* _Provided data_:
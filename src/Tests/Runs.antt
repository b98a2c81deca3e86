-- ===== src/Tests/Runs.antt =====
-- A run of the coordinator from its files, and its books when it is finished.
use flashflow_research.Tests.Waits.{reporting, metas_of}
use mathlib.Core.List.{Permᴰ}
use mathlib.Core.List.Permᴰ
use flashflow_research.TorClient.ClientFile.{
  make_meta, tc_client_file_read, read_clients, read_client_line, take_tokens, take_token,
  meta_of_tokens,
}
use flashflow_research.FlashFlow.Coordinates.{Coordinates}
use flashflow_research.FlashFlow.Opening.{first_state-Coordinates, RunsOut}
use flashflow_research.FlashFlow.Descriptors.Run.{main_loop-first_state-RunsOut}
use flashflow_research.Tests.System.{
  Table, system, kernel, system-Works, system-KernelWorks, silent_system, silent_kernel,
  silent_system-Works, silent_system-KernelWorks,
}
use flashflow_research.Sched.Parse.{sched_new}
use flashflow_research.RotateFd.{Rotated, rfd_open, open_from, numbered}
use flashflow_research.V3bw.Generate.{Texts}
use flashflow_research.FlashFlow.Main.{main_loop_once}
use flashflow_research.FlashFlow.Whole.{EndsInFailure, main_loop_once-EndsInFailure}
use flashflow_research.Tests.Files.{directory, no_results}
use flashflow_research.Tests.Results.{glib}
use flashflow_research.FlashFlow.Silence.Run.{AllFail, main_loop-AllFail}
use flashflow_research.Sched.Progress.{WellFormed}
use flashflow_research.Tests.Schedule.{schedule_file, file_measurements, file_is_read}
use flashflow_research.Prelude.{
  ℕ, if◌then◌else◌, inr, ◌≡◌, refl, true, none, some, List, [], ◌∷◌, ok, All, arith, ◌+◌,
}
use flashflow_research.Prelude.Int.{ℤ, pos}
use flashflow_research.Prelude.Text.{
  Bytes, bytes_eq, decimal, digits, codes, strtol, split_on, scan_digits, skip_space,
}
use flashflow_research.Meta.{Meta, authing}
use flashflow_research.Sched.{
  Measurement, find, update, get, sched_get_fp, sched_get_dur, sched_get_failsafe_stop,
  sched_get_hosts, failsafe_at, sched_next_internal, sched_next, sched_mark_done, sched_finished,
  complete, ids, sched_num, sched_num_incomplete,
}
use flashflow_research.FlashFlow.Plans.{plans, Fits}
use flashflow_research.Sched.Count.{distinct, all_contained}
use flashflow_research.FlashFlow.Account.{finished-counts}
use flashflow_research.TorClient.State.{good_change, tc_change_state, tc_assert_state}
use flashflow_research.TorClient.Socket.{
  port_number, tc_mark_failed, connect_to, tc_make_socket, next_available_from, tc_next_available,
  tc_finished_with_meta,
}
use flashflow_research.TorClient.Handshake.{auth_message, send_and_change, tc_auth_socket}
use flashflow_research.FlashFlow.Defs.{
  array_contains, fill_msm_params, all_in_state, is_totally_authed, is_totally_connected_target,
  is_totally_bw_set, is_totally_done, fill_gap, remove_id, fail_metas, measurement_failed,
  connect_hosts, find_and_connect_metas, send_auth_metas,
}
use flashflow_research.FlashFlow.Loop.{
  Loop, fail, fail_all, check_progress, fail_overdue, start_next, tell_hosts, start_hosts,
  finish_if_done, handle_measurement, handle_known,
}
use flashflow_research.FlashFlow.Rounds.{prepare_round, first_state, main_loop}
use flashflow_research.Tests.Samples.{measurement, unused_client}
use flashflow_research.Tests.Coordinator.{agenda, loop, loop-Coordinates}

-- Two clients, for the schedule of the other tests.
abbrev client_lines : List Bytes
client_lines = codes "us localhost 9051 secret\n" ∷ codes "bg localhost 9052 secret\n" ∷ []

abbrev file_clients : List Meta
file_clients =
    make_meta (codes "us") (codes "localhost") (codes "9051") (codes "secret")
    ∷ make_meta (codes "bg") (codes "localhost") (codes "9052") (codes "secret")
    ∷ []

clients_are_read : tc_client_file_read (some client_lines) ≡ ok (some file_clients)
unfolding tc_client_file_read read_clients read_client_line take_tokens take_token meta_of_tokens
    split_on make_meta
clients_are_read = refl

identity-perm : (l : List Measurement) → Permᴰ l l
identity-perm l = Permᴰ.refl l

first_state-Coordinates_example :
    Coordinates (plans file_measurements) [] (first_state file_clients file_measurements)
first_state-Coordinates_example =
    first_state-Coordinates (λ l. l) schedule_file (codes "sched.txt") (some client_lines)
      file_clients file_measurements 2 identity-perm clients_are_read file_is_read

-- A client of the file as it waits for measurement 1.
abbrev joined : Bytes → Bytes → ℤ → Meta
joined class port fd = record (make_meta class (codes "localhost") port (codes "secret")) {
  fd = fd;
  state = authing;
  current_m_id = 1;
}

first-metas :
    metas_of (prepare_round (reporting (pos 4)) (first_state file_clients file_measurements) 0)
    ≡ joined (codes "us") (codes "9051") (pos 4) ∷ joined (codes "bg") (codes "9052") (pos 7) ∷ []
unfolding prepare_round check_progress fail_all fail measurement_failed fail_metas tc_mark_failed
    tc_finished_with_meta tc_change_state good_change sched_mark_done get find update remove_id
    fill_gap fail_overdue fill_msm_params sched_get_fp sched_get_dur sched_get_failsafe_stop
    sched_get_hosts start_next sched_next sched_next_internal failsafe_at find_and_connect_metas
    connect_hosts tc_next_available next_available_from tc_make_socket connect_to tc_assert_state
    send_auth_metas tc_auth_socket send_and_change auth_message handle_known handle_measurement
    tell_hosts is_totally_authed is_totally_connected_target is_totally_bw_set is_totally_done
    all_in_state start_hosts finish_if_done port_number strtol scan_digits skip_space make_meta
first-metas = refl

file-Fits : All Fits (plans file_measurements)
file-Fits = (
  record { backgrounds = (refl, (refl, tt)); dur_fits = omega arith },
  (record { backgrounds = (refl, tt); dur_fits = omega arith }, tt),
)

-- Nothing is open, and nothing watched.
abbrev fresh_table : Table
fresh_table = record { open_fds = []; list = [] }

main_loop-first_state-RunsOut_example :
    RunsOut system 2
      (main_loop system (some 0) 12 (first_state file_clients file_measurements) fresh_table)
unfolding array_contains
main_loop-first_state-RunsOut_example =
    main_loop-first_state-RunsOut system kernel (some 0) 12 (λ l. l) schedule_file
      (codes "sched.txt") (some client_lines) file_clients file_measurements 2 fresh_table
      system-Works system-KernelWorks (λ w fd events e. (0, refl)) identity-perm clients_are_read
      file_is_read file-Fits (λ fd. refl)

file-WellFormed : All (WellFormed (λ id. id) (ids file_measurements)) file_measurements
file-WellFormed = (
  record { below = tt; depends_on_known = refl; named_once = refl },
  (record { below = omega arith; depends_on_known = refl; named_once = refl }, tt),
)

main_loop-AllFail_example :
    AllFail silent_system 2
      (main_loop silent_system none 64 (first_state file_clients file_measurements) fresh_table)
unfolding array_contains
main_loop-AllFail_example =
    main_loop-AllFail silent_system silent_kernel none 64 (λ id. id) (λ l. l) schedule_file
      (codes "sched.txt") (some client_lines) file_clients file_measurements 2 fresh_table
      silent_system-Works silent_system-KernelWorks (λ w. inr refl) identity-perm clients_are_read
      file_is_read file-Fits file-WellFormed (λ fd. refl) (omega arith)

-- The files of a turn.
abbrev texts : Texts directory
texts = record no_results {
  read_all = λ name f.
      if bytes_eq name (codes "clients.txt") then some client_lines else schedule_file name;
}

abbrev results : Rotated ℕ
results = record { fname_req = codes "results.txt"; fname = codes "results.txt.0"; fd = some 0 }

results_opened : (rfd_open directory (codes "results.txt") 0).0 ≡ some results
unfolding rfd_open open_from numbered decimal digits
results_opened = refl

main_loop_once-EndsInFailure_example :
    EndsInFailure silent_system directory texts glib
      (λ l. l)
      (λ file. file)
      (λ w rfd f. f)
      silent_kernel
      (λ id. id)
      2
      results
      (codes "results.txt")
      (codes "v3bw.txt")
      1
      (main_loop_once silent_system directory texts glib
        (λ l. l)
        (λ file. file)
        (λ w rfd f. f)
        64
        (codes "flashflow"
          ∷ codes "sched.txt"
          ∷ codes "clients.txt"
          ∷ codes "results.txt"
          ∷ codes "v3bw.txt"
          ∷ [])
        []
        fresh_table
        0)
unfolding array_contains rfd_open open_from numbered sched_new
main_loop_once-EndsInFailure_example =
    main_loop_once-EndsInFailure silent_system directory texts glib (λ l. l) (λ file. file)
      (λ w rfd f. f) silent_kernel (λ id. id) 64 (codes "flashflow") (codes "sched.txt")
      (codes "clients.txt") (codes "results.txt") (codes "v3bw.txt")
      (make_meta (codes "us") (codes "localhost") (codes "9051") (codes "secret"))
      (make_meta (codes "bg") (codes "localhost") (codes "9052") (codes "secret") ∷ [])
      file_measurements 1 results 0 fresh_table 0 silent_system-Works silent_system-KernelWorks
      (λ w. inr refl) identity-perm clients_are_read file_is_read results_opened refl file-Fits
      file-WellFormed (λ fd. refl) (omega arith)

-- The books of a loop whose measurements are all complete.
abbrev both_complete : List Measurement
both_complete = measurement 2 complete (1 ∷ []) (1 ∷ []) ∷ measurement 1 complete [] [] ∷ []

abbrev finished_loop : Loop
finished_loop = record loop {
  known = [];
  metas = unused_client ∷ [];
  msms = both_complete;
  count_success = 1;
  count_failure = 1;
}

finished_loop-Coordinates : Coordinates agenda (1 ∷ 2 ∷ []) finished_loop
finished_loop-Coordinates = record {
  manned = record {
    owned = (
      record {
        tracked = loop-Coordinates.manned.owned.1.0.tracked;
        owner = refl;
        background = refl;
      },
      tt,
    );
    staffed = tt;
  };
  scheduled = record {
    tracked = (
      record { finished = refl; completed = refl; named = omega arith },
      (record { finished = refl; completed = refl; named = omega arith }, tt),
    );
    unique = refl;
    once = refl;
  };
  once = refl;
  running = tt;
  known_run = (refl, (refl, tt));
  plans_kept = refl;
  counted = refl;
  within = refl;
}

finished-counts_example :
    (finished_loop.known ≡ [])
    × (distinct (1 ∷ 2 ∷ []) ≡ true)
    × (all_contained (1 ∷ 2 ∷ []) (ids both_complete) ≡ true)
    × (1 + 1 ≡ sched_num both_complete)
unfolding sched_finished sched_num_incomplete
finished-counts_example =
    finished-counts agenda (1 ∷ 2 ∷ []) finished_loop finished_loop-Coordinates refl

* _Problem statement_:
Could you set down, word for word, only the lines above from the line with "abbrev file_clients : List Meta" to the line with "split_on make_meta", including both?

* _Solution for this task_:
abbrev file_clients : List Meta
file_clients =
    make_meta (codes "us") (codes "localhost") (codes "9051") (codes "secret")
    ∷ make_meta (codes "bg") (codes "localhost") (codes "9052") (codes "secret")
    ∷ []

clients_are_read : tc_client_file_read (some client_lines) ≡ ok (some file_clients)
unfolding tc_client_file_read read_clients read_client_line take_tokens take_token meta_of_tokens
    split_on make_meta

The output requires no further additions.